#### RECORDS SUPPLIED

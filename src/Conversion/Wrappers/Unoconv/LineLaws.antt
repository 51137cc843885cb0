-- ===== src/Conversion/Wrappers/Unoconv/LineLaws.antt =====
-- packages/conversion-service/src/service/unoconv/unoconv.ts: a line that shows a format is read back.
use Prim.Native.String as Text
use Prim.Native.String.{◌∷◌}
use text.Mathlib.TextLemmas.{append-nil}
use dynamic_conversion_servi.Prelude.{
  ℕ, suc, zero, String, ◌≡◌, ◌≢◌, refl, false, some, ◌∙◌, ap, arith, sym, ◌==◌,
}
use dynamic_conversion_servi.Docker.Names.{concat}
use dynamic_conversion_servi.Conversion.Configuration.{trim_start, trim_end}
use dynamic_conversion_servi.Conversion.Wrappers.Unoconv.Lines.{
  before_last, after_first, between, trim, non_empty, handle_formats_line,
}
use dynamic_conversion_servi.Conversion.Wrappers.Unoconv.Texts.{
  has_code, spaces, has_code-concat, before_last_absent, before_last-concat, after_first-concat,
  trim_end_idem, trim-concat, trim_behind_space,
}
use dynamic_conversion_servi.Conversion.Wrappers.Unoconv.Show.{
  Shown, behind_dash, show_line, IsShown,
}

pub has_code-spaces : (sep n : ℕ) → (32 == sep) ≡ false → has_code sep (spaces n) ≡ false
has_code-spaces sep zero h = refl
has_code-spaces sep (suc n) h = ground (arith, has_code-spaces sep n h)

non_empty_text : (s : String) → s ≢ Text.[] → non_empty s ≡ some s
non_empty_text Text.[] h = absurd (h refl)
non_empty_text (c ∷ s) h = refl

module _ (f : Shown) (shown : IsShown f) where
  abbrev bracketed : String
  bracketed = "." ∷ concat f.extension "]"

  abbrev described : String
  described = concat f.description (" " ∷ "[" ∷ bracketed)

  has_code-bracketed : has_code b'[' bracketed ≡ false
  has_code-bracketed = has_code-concat b'[' f.extension "]" shown.2.3

  dash_behind : has_code b'-' (behind_dash f) ≡ false
  dash_behind =
      has_code-concat b'-' f.description (" " ∷ "[" ∷ bracketed) shown.1.2
      ∙ has_code-concat b'-' f.extension "]" shown.2.2

  dash_last : before_last b'-' ("-" ∷ behind_dash f) ≡ some Text.[]
  unfolding before_last
  dash_last = rw (before_last_absent b'-' (behind_dash f) dash_behind) refl

  in_front_of_dash :
      before_last b'-' (show_line f) ≡ some (" " ∷ " " ∷ concat f.format (spaces (suc f.padding)))
  unfolding show_line before_last
  in_front_of_dash =
      rw
        (before_last-concat b'-' f.format _ _ (
          before_last-concat b'-' (spaces (suc f.padding)) ("-" ∷ behind_dash f) Text.[] dash_last
          ∙ ap some (append-nil (spaces (suc f.padding)))))
        refl

  bracket_last : before_last b'[' (" " ∷ "[" ∷ bracketed) ≡ some (spaces 1)
  unfolding before_last
  bracket_last = rw (before_last_absent b'[' bracketed has_code-bracketed) refl

  dash_first : after_first b'-' (show_line f) ≡ some (behind_dash f)
  unfolding show_line after_first
  dash_first =
      after_first-concat b'-' f.format _ shown.0.2
      ∙ after_first-concat b'-' (spaces (suc f.padding)) _
          (has_code-spaces b'-' (suc f.padding) refl)

  between_dash_and_bracket :
      between b'-' b'[' (show_line f) ≡ some (" " ∷ concat f.description (spaces 1))
  unfolding between before_last
  between_dash_and_bracket =
      rw (dash_first, before_last-concat b'[' f.description _ _ bracket_last) refl

  bracket_first : after_first b'[' (show_line f) ≡ some bracketed
  unfolding show_line after_first
  bracket_first =
      after_first-concat b'[' f.format _ shown.0.3
      ∙ after_first-concat b'[' (spaces (suc f.padding)) _
          (has_code-spaces b'[' (suc f.padding) refl)
      ∙ after_first-concat b'[' f.description _ shown.1.3

  between_brackets : between b'[' b']' (show_line f) ≡ some ("." ∷ f.extension)
  unfolding between before_last
  between_brackets =
      rw
        (
          bracket_first,
          before_last-concat b']' f.extension "]" Text.[] refl,
          append-nil f.extension,
        )
        refl

  end_trimmed : trim_end f.extension ≡ f.extension
  unfolding trim
  end_trimmed = ap trim_end (sym shown.2.1) ∙ trim_end_idem (trim_start f.extension) ∙ shown.2.1

  -- A line that shows a format is read back as its three parts.
  pub handle_formats_line-show_line : handle_formats_line (show_line f) ≡ record {
    description = some f.description;
    extension = some f.extension;
    format = some f.format;
  }
  unfolding handle_formats_line
  handle_formats_line-show_line =
      rw
        (
          in_front_of_dash,
          between_dash_and_bracket,
          between_brackets,
          end_trimmed,
          trim_behind_space (concat f.description (spaces 1)),
          trim_behind_space (" " ∷ concat f.format (spaces (suc f.padding))),
          trim_behind_space (concat f.format (spaces (suc f.padding))),
          trim-concat f.description 1,
          trim-concat f.format (suc f.padding),
          shown.0.1,
          shown.1.1,
          non_empty_text f.format shown.0.0,
          non_empty_text f.description shown.1.0,
          non_empty_text f.extension shown.2.0,
        )
        refl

########

### EXERCISE DETAILS
Your reply should be a single number: the count of lines above that contain the word "back".

### COMPLETED EXERCISE
2